CD sends thanks for many valuable dried specimens [of orchids]. Has been promised Catasetum and some Dendrobium by Mr Rucker; has written also to Lady Dorothy [Nevill].
Lady Dorothy [Nevill] has written very obligingly and sent a lot of orchids.
Thanks JL for a flower of Bolbophyllum, a genus that puzzles him.
Recent work has convinced him a number of orchids are male. Points out that JL [in The vegetable kingdom (1846), pp. 177–8] "accidentally misquoted" R. H. Schomburgk on this point.
Delayed thanking JL for two notes until he heard from Hooker about Acropera luteola; had no idea A. luteola was not a well-known name.
Cites his reasons for identifying A. loddigesii as male; hopes for a Gongora flower from Hooker which, JL suggested, may be the female.
Thanks JL for information about Acropera luteola.
Also thanks for the Gongora; cannot avoid the impression it is male.
Thanks JL for review [of Orchids, Gard. Chron. (1862): 789–90, 863]; CD published almost by accident, having been led on in part by encouragement from JL.
CD sends seeds found by W. Kemp of Galashiels with explanation and request that they be planted and a report sent to him, so that Kemp may publish his discovery if results are interesting.

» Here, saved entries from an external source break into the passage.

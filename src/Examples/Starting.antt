-- ===== src/Examples/Starting.antt =====
-- A run of ktool.py with `--sram`.
use user_basic.Base.{true, some, List, [], ◌∷◌, ◌++◌, map, ◌≡◌, refl, arith, length, codes, line_eq}
use user_basic.Ktool.Slip.{Bytes, frame, Event, recv}
use user_basic.Ktool.Response.{operation, error_code, flash_parse}
use user_basic.Ktool.Port.{err, exit}
use user_basic.Ktool.Greeting.{words_request}
use user_basic.Ktool.Packet.{request, pack_u32, crc32}
use user_basic.Ktool.Packet.Decode.{packet_of, data_request-fits}
use user_basic.Ktool.Transfer.{chunk_size_of, ljust}
use user_basic.Ktool.Transfer.Padding.{IsPadded}
use user_basic.Ktool.Transfer.Firmware.{written_by}
use user_basic.Process.Args.{Args, settle}
use user_basic.Process.World.{choose_port, format_of}
use user_basic.Process.Flow.{process}
use user_basic.Process.Front.{Starts, PacksLoader, loading_frames, loaded}
use user_basic.Process.Sram.{LoadsSram, PacksSram, AnswersSram, process-Boots}
use user_basic.Examples.Firmware.{firmware}
use user_basic.Examples.Running.{
  world, arguments, reply, loader, boot_lem, or_none, packs, isp_chunks,
}
use user_basic.Examples.Package.{loading, answers_loader, fits, one_data_chunk}

abbrev sram_args : Args
sram_args = record (arguments (codes "k210.bin")) { sram = true }

abbrev replies : List Event
replies = reply 0xc2 (reply 0xc3 (reply 0xd2 (reply 0xd8 (reply 0xd9 []))))

starts : Starts world (settle sram_args) (codes "ttyUSB1")
unfolding choose_port line_eq settle
starts = record { found_port = refl; opens = refl; no_onlyterm = refl; no_bootloader = refl }

loads : LoadsSram world (settle sram_args) firmware
unfolding format_of line_eq settle
loads = record {
  to_sram = refl;
  no_erase = refl;
  no_read = refl;
  no_terminal = refl;
  file = refl;
  format = refl;
}

packs_loader : PacksLoader world (settle sram_args) loading
unfolding settle
packs_loader = record { isp = packs.isp; boot = boot_lem; change = refl }

abbrev sram_packet : Bytes
sram_packet = packet_of 0xd8 0 (ljust 4096 firmware)

-- The request to start.
start_request : Bytes
unfolding words_request request
start_request = or_none (words_request 0xd9 (0x80000000 ∷ 0 ∷ []))

packs_sram : PacksSram firmware (sram_packet ∷ []) start_request
unfolding words_request request start_request pack_u32 crc32
packs_sram = record {
  writes =
      rw one_data_chunk
        (data_request-fits 0xd8 0 (ljust 4096 firmware) (omega arith) (omega arith) fits, tt);
  starts = refl;
}

answers_sram : AnswersSram firmware (reply 0xd8 (reply 0xd9 [])) []
unfolding recv flash_parse operation error_code
answers_sram = record {
  mid = reply 0xd9 [];
  op = 0xd9;
  reason = 0xe0;
  code = 0xe0;
  bytes = 0xd9 ∷ 0xe0 ∷ [];
  text = [];
  confirms = rw one_data_chunk (0xe0, [], reply 0xd9 [], refl, refl, refl);
  replies = refl;
  parses = refl;
  known = refl;
}

process-Boots_example :
    (process world sram_args (loader replies) ≡ (
      record (loaded (settle sram_args) loading [] (loader replies)) {
        sent = loading_frames loading ++ (map frame (sram_packet ∷ []) ++ frame start_request ∷ []);
      },
      err (exit 0),
    ))
    × ((padded : Bytes) × (written_by 0xd8 0 (sram_packet ∷ []) ≡ some padded)
        × IsPadded (chunk_size_of (length firmware)) firmware padded)
process-Boots_example =
    process-Boots world sram_args (codes "ttyUSB1") firmware loading (sram_packet ∷ [])
      start_request (loader replies) (reply 0xd8 (reply 0xd9 [])) [] starts loads packs_loader
      packs_sram (answers_loader world (reply 0xd8 (reply 0xd9 [])) isp_chunks) answers_sram
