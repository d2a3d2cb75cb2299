-- ===== src/Ktool/Display.antt =====
-- ktool.py: the progress bar.
pub mod Bar
pub mod Size
use user_basic.Base.{
  ℕ, ◌-◌, ◌*◌, ◌/◌, Bool, true, false, ◌&&◌, Option, none, some, List, [], ◌∷◌, ◌++◌, Line, codes,
  line_eq, is_nil, replicate, ◌==◌, if◌then◌else◌,
}

-- `bar`: a negative length, on a terminal of less than 35 columns, gives no bar, as 0 does.
unfoldable pub filled_length : ℕ → ℕ → ℕ → ℕ
filled_length len iteration total = len * iteration / total

unfoldable pub bar : ℕ → ℕ → ℕ → Line
unfolding filled_length
bar len iteration total =
    replicate (filled_length len iteration total) b'='
    ++ replicate (len - filled_length len iteration total) b'-'

-- `fileTypeStr`
unfoldable pub file_type : Line → Line → Line
file_type prefix filename =
    if line_eq prefix (codes "Downloading ISP:")
    then codes "ISP"
    else if line_eq prefix (codes "Programming BIN:") && is_nil filename
    then codes "BIN"
    else filename

-- What `printProgressBar` shows: the text, whether a new line follows, and the arguments of the
-- callback, if there is one.
pub record Shown : Type 0 where
  pub text : Line
  pub new_line : Bool
  pub called : Option (Line × ℕ × ℕ × Line)

-- `percent` is the text that `format` makes of the quotient; `none` is the `ZeroDivisionError`.
unfoldable pub print_progress_bar : Bool → Line → ℕ → ℕ → Line → Line → Line → ℕ → Option Shown
unfolding bar file_type
print_progress_bar callback percent iteration total prefix suffix filename len =
    if total == 0
    then none
    else some (record {
      text =
          b'\r'
          ∷ (prefix
              ++ (codes " |"
                  ++ (bar len iteration total
                      ++ (codes "| " ++ (percent ++ (codes "% " ++ suffix))))));
      new_line = iteration == total;
      called =
          if callback then some (file_type prefix filename, iteration, total, suffix) else none;
    })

Will be happy to report on seeds sent by CD. Suggests names.
Much interested in CD’s communication [about W. Kemp] and seeds sent; does not know the species; has sent seeds to Henslow.
Describes a monstrous plant found near Ely.
CD sends a copy [of South America] to Gardeners’ Chronicle and refers to a passage on Patagonian salt; asks for backing and specific information supplementing his suggestion that an added chloride would increase the salt’s preserving power.